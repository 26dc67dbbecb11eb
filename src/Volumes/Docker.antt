-- ===== src/Volumes/Docker.antt =====
-- volume_probe_contract.py: the calls of Docker. What Docker answers may depend on all calls before.
pub mod Rules
use optimizr_actions.Prelude.{
  ℕ, ◌+◌, ◌/◌, ◌%◌, Bool, true, false, not, Option, none, some, List, [], ◌∷◌, ◌++◌, Text, codes,
  same, ◌==◌, ◌||◌, if◌then◌else◌, Result, ok, err,
}
use optimizr_actions.Prelude.Dicts.{Dict, lookup}
use optimizr_actions.Prelude.Integers.{ℤ, pos}
use optimizr_actions.Prelude.Json.{Json}
use optimizr_actions.Prelude.Sessions.{Session}
pub use optimizr_actions.Prelude.Sessions.{continue_with, lift, ◌>>=◌, ◌>>◌}
use optimizr_actions.Volumes.Contract.{
  Checked, ContractError, input_of, command_failed, command_timed_out, command_not_started,
  unsupported_mode, compose_file_missing, prebuilt_file_missing,
}

pub data Command : Type 0 where
  volume_inspect volume_list volume_create network_inspect network_create : Text → Command
  compose_ps compose_config : Command
  container_inspect image_inspect : Text → Command
  probe_write : (uid : ℕ) → (container mount_path : Text) → Command

pub record Completed : Type 0 where
  pub returncode : ℤ
  pub stdout : Text

-- What becomes of a process.
pub data Outcome : Type 0 where
  completed : Completed → Outcome
  timed_out not_started : Outcome

-- The environment, the processes, which see their arguments and the calls before, newest first, the
-- decimal text of a number, and `json.loads`.
pub record Engine : Type 0 where
  pub environment : Dict Text
  pub run : List Text → List Command → Outcome
  pub write_probe_script : Text
  pub str_of : ℕ → Text
  pub load_json : Text → Option Json

abbrev pub is_zero : ℤ → Bool
is_zero (pos n) = n == 0
is_zero _ = false

abbrev pub has_text : Text → Bool
has_text [] = false
has_text (_ ∷ _) = true

unfoldable pub docker_prefix : Dict Text → Checked (List Text)
unfolding input_of same
docker_prefix environment =
    let mode = input_of environment (codes "DOCKER_MODE") (codes "sudo") in
    let config = input_of environment (codes "DOCKER_CONFIG") [] in
    if same mode (codes "direct")
    then ok (codes "docker" ∷ [])
    else if same mode (codes "sudo") || same mode (codes "auto")
    then ok (
        codes "sudo"
        ∷ codes "docker"
        ∷ (if has_text config then codes "--config" ∷ config ∷ [] else []))
    else err unsupported_mode

unfoldable pub compose_args : Dict Text → List Text → Checked (List Text)
unfolding input_of same
compose_args environment args =
    let file = input_of environment (codes "COMPOSE_FILE") [] in
    let mode = input_of environment (codes "DEPLOYMENT_MODE") (codes "build") in
    let prebuilt = input_of environment (codes "PREBUILT_COMPOSE_FILE") [] in
    if not (has_text file)
    then err compose_file_missing
    else if not (same mode (codes "prebuilt-images"))
    then ok (codes "compose" ∷ codes "-f" ∷ file ∷ args)
    else if not (has_text prebuilt)
    then err prebuilt_file_missing
    else ok (codes "compose" ∷ codes "-f" ∷ file ∷ codes "-f" ∷ prebuilt ∷ args)

module _ (engine : Engine) where
  -- The arguments of each call.
  unfoldable pub arguments : Command → Checked (List Text)
  unfolding compose_args
  arguments (volume_inspect v) = ok (codes "volume" ∷ codes "inspect" ∷ v ∷ [])
  arguments (volume_list v) = ok (
      codes "volume"
      ∷ codes "ls"
      ∷ codes "--format"
      ∷ codes "{{.Name}}"
      ∷ codes "--filter"
      ∷ (codes "name=" ++ v)
      ∷ [])
  arguments (volume_create v) = ok (codes "volume" ∷ codes "create" ∷ v ∷ [])
  arguments (network_inspect n) = ok (codes "network" ∷ codes "inspect" ∷ n ∷ [])
  arguments (network_create n) = ok (codes "network" ∷ codes "create" ∷ n ∷ [])
  arguments compose_ps =
      compose_args engine.environment
        (codes "ps" ∷ codes "--all" ∷ codes "--quiet" ∷ codes "--no-trunc" ∷ [])
  arguments compose_config =
      compose_args engine.environment (codes "config" ∷ codes "--format" ∷ codes "json" ∷ [])
  arguments (container_inspect c) =
      ok (codes "inspect" ∷ codes "--type" ∷ codes "container" ∷ c ∷ [])
  arguments (image_inspect i) =
      ok (codes "image" ∷ codes "inspect" ∷ codes "--format" ∷ codes "{{.Id}}" ∷ i ∷ [])
  arguments (probe_write uid container mount_path) = ok (
      codes "exec"
      ∷ codes "--user"
      ∷ engine.str_of uid
      ∷ container
      ∷ codes "sh"
      ∷ codes "-eu"
      ∷ codes "-c"
      ∷ engine.write_probe_script
      ∷ codes "sh"
      ∷ mount_path
      ∷ [])

  -- A call: its result, and the calls made so far. One that finds no arguments is not made.
  abbrev pub answered : Outcome → Checked Completed
  answered (completed result) = ok result
  answered timed_out = err command_timed_out
  answered not_started = err command_not_started

  abbrev pub ask_with :
      Checked (List Text)
      → Checked (List Text)
      → Command
      → List Command
      → Checked Completed × List Command
  ask_with (err e) prefix command calls = (err e, calls)
  ask_with (ok args) (err e) command calls = (err e, calls)
  ask_with (ok args) (ok prefix) command calls =
      (answered (engine.run (prefix ++ args) calls), command ∷ calls)

-- A program that calls Docker: from the calls so far, newest first, to its result and all calls.
abbrev pub Docker : Type 0 → Type 0
Docker A = Session (List Command) ContractError A

unfoldable pub ask : Engine → Command → Docker Completed
unfolding arguments docker_prefix
ask engine command calls =
    ask_with engine (arguments engine command) (docker_prefix engine.environment) command calls

-- `_require_success`
abbrev pub require_success : Text → Completed → Checked Completed
require_success description result =
    if is_zero result.returncode
    then ok result
    else err (command_failed description result.returncode)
■ ■ ■ ■ ■
=== Exercise requirements ===
Every record shown above should appear again in your answer, unchanged.

=== Output of the task ===
repository 26dc67dbbecb11eb
filename src/Volumes/Docker.antt
-- ===== src/Volumes/Docker.antt =====
-- volume_probe_contract.py: the calls of Docker. What Docker answers may depend on all calls before.
pub mod Rules
use optimizr_actions.Prelude.{
  ℕ, ◌+◌, ◌/◌, ◌%◌, Bool, true, false, not, Option, none, some, List, [], ◌∷◌, ◌++◌, Text, codes,
  same, ◌==◌, ◌||◌, if◌then◌else◌, Result, ok, err,
}
use optimizr_actions.Prelude.Dicts.{Dict, lookup}
use optimizr_actions.Prelude.Integers.{ℤ, pos}
use optimizr_actions.Prelude.Json.{Json}
use optimizr_actions.Prelude.Sessions.{Session}
pub use optimizr_actions.Prelude.Sessions.{continue_with, lift, ◌>>=◌, ◌>>◌}
use optimizr_actions.Volumes.Contract.{
  Checked, ContractError, input_of, command_failed, command_timed_out, command_not_started,
  unsupported_mode, compose_file_missing, prebuilt_file_missing,
}

pub data Command : Type 0 where
  volume_inspect volume_list volume_create network_inspect network_create : Text → Command
  compose_ps compose_config : Command
  container_inspect image_inspect : Text → Command
  probe_write : (uid : ℕ) → (container mount_path : Text) → Command

pub record Completed : Type 0 where
  pub returncode : ℤ
  pub stdout : Text

-- What becomes of a process.
pub data Outcome : Type 0 where
  completed : Completed → Outcome
  timed_out not_started : Outcome

-- The environment, the processes, which see their arguments and the calls before, newest first, the
-- decimal text of a number, and `json.loads`.
pub record Engine : Type 0 where
  pub environment : Dict Text
  pub run : List Text → List Command → Outcome
  pub write_probe_script : Text
  pub str_of : ℕ → Text
  pub load_json : Text → Option Json

abbrev pub is_zero : ℤ → Bool
is_zero (pos n) = n == 0
is_zero _ = false

abbrev pub has_text : Text → Bool
has_text [] = false
has_text (_ ∷ _) = true

unfoldable pub docker_prefix : Dict Text → Checked (List Text)
unfolding input_of same
docker_prefix environment =
    let mode = input_of environment (codes "DOCKER_MODE") (codes "sudo") in
    let config = input_of environment (codes "DOCKER_CONFIG") [] in
    if same mode (codes "direct")
    then ok (codes "docker" ∷ [])
    else if same mode (codes "sudo") || same mode (codes "auto")
    then ok (
        codes "sudo"
        ∷ codes "docker"
        ∷ (if has_text config then codes "--config" ∷ config ∷ [] else []))
    else err unsupported_mode

unfoldable pub compose_args : Dict Text → List Text → Checked (List Text)
unfolding input_of same
compose_args environment args =
    let file = input_of environment (codes "COMPOSE_FILE") [] in
    let mode = input_of environment (codes "DEPLOYMENT_MODE") (codes "build") in
    let prebuilt = input_of environment (codes "PREBUILT_COMPOSE_FILE") [] in
    if not (has_text file)
    then err compose_file_missing
    else if not (same mode (codes "prebuilt-images"))
    then ok (codes "compose" ∷ codes "-f" ∷ file ∷ args)
    else if not (has_text prebuilt)
    then err prebuilt_file_missing
    else ok (codes "compose" ∷ codes "-f" ∷ file ∷ codes "-f" ∷ prebuilt ∷ args)

module _ (engine : Engine) where
  -- The arguments of each call.
  unfoldable pub arguments : Command → Checked (List Text)
  unfolding compose_args
  arguments (volume_inspect v) = ok (codes "volume" ∷ codes "inspect" ∷ v ∷ [])
  arguments (volume_list v) = ok (
      codes "volume"
      ∷ codes "ls"
      ∷ codes "--format"
      ∷ codes "{{.Name}}"
      ∷ codes "--filter"
      ∷ (codes "name=" ++ v)
      ∷ [])
  arguments (volume_create v) = ok (codes "volume" ∷ codes "create" ∷ v ∷ [])
  arguments (network_inspect n) = ok (codes "network" ∷ codes "inspect" ∷ n ∷ [])
  arguments (network_create n) = ok (codes "network" ∷ codes "create" ∷ n ∷ [])
  arguments compose_ps =
      compose_args engine.environment
        (codes "ps" ∷ codes "--all" ∷ codes "--quiet" ∷ codes "--no-trunc" ∷ [])
  arguments compose_config =
      compose_args engine.environment (codes "config" ∷ codes "--format" ∷ codes "json" ∷ [])
  arguments (container_inspect c) =
      ok (codes "inspect" ∷ codes "--type" ∷ codes "container" ∷ c ∷ [])
  arguments (image_inspect i) =
      ok (codes "image" ∷ codes "inspect" ∷ codes "--format" ∷ codes "{{.Id}}" ∷ i ∷ [])
  arguments (probe_write uid container mount_path) = ok (
      codes "exec"
      ∷ codes "--user"
      ∷ engine.str_of uid
      ∷ container
      ∷ codes "sh"
      ∷ codes "-eu"
      ∷ codes "-c"
      ∷ engine.write_probe_script
      ∷ codes "sh"
      ∷ mount_path
      ∷ [])

  -- A call: its result, and the calls made so far. One that finds no arguments is not made.
  abbrev pub answered : Outcome → Checked Completed
  answered (completed result) = ok result
  answered timed_out = err command_timed_out
  answered not_started = err command_not_started

  abbrev pub ask_with :
      Checked (List Text)
      → Checked (List Text)
      → Command
      → List Command
      → Checked Completed × List Command
  ask_with (err e) prefix command calls = (err e, calls)
  ask_with (ok args) (err e) command calls = (err e, calls)
  ask_with (ok args) (ok prefix) command calls =
      (answered (engine.run (prefix ++ args) calls), command ∷ calls)

-- A program that calls Docker: from the calls so far, newest first, to its result and all calls.
abbrev pub Docker : Type 0 → Type 0
Docker A = Session (List Command) ContractError A

unfoldable pub ask : Engine → Command → Docker Completed
unfolding arguments docker_prefix
ask engine command calls =
    ask_with engine (arguments engine command) (docker_prefix engine.environment) command calls

-- `_require_success`
abbrev pub require_success : Text → Completed → Checked Completed
require_success description result =
    if is_zero result.returncode
    then ok result
    else err (command_failed description result.returncode)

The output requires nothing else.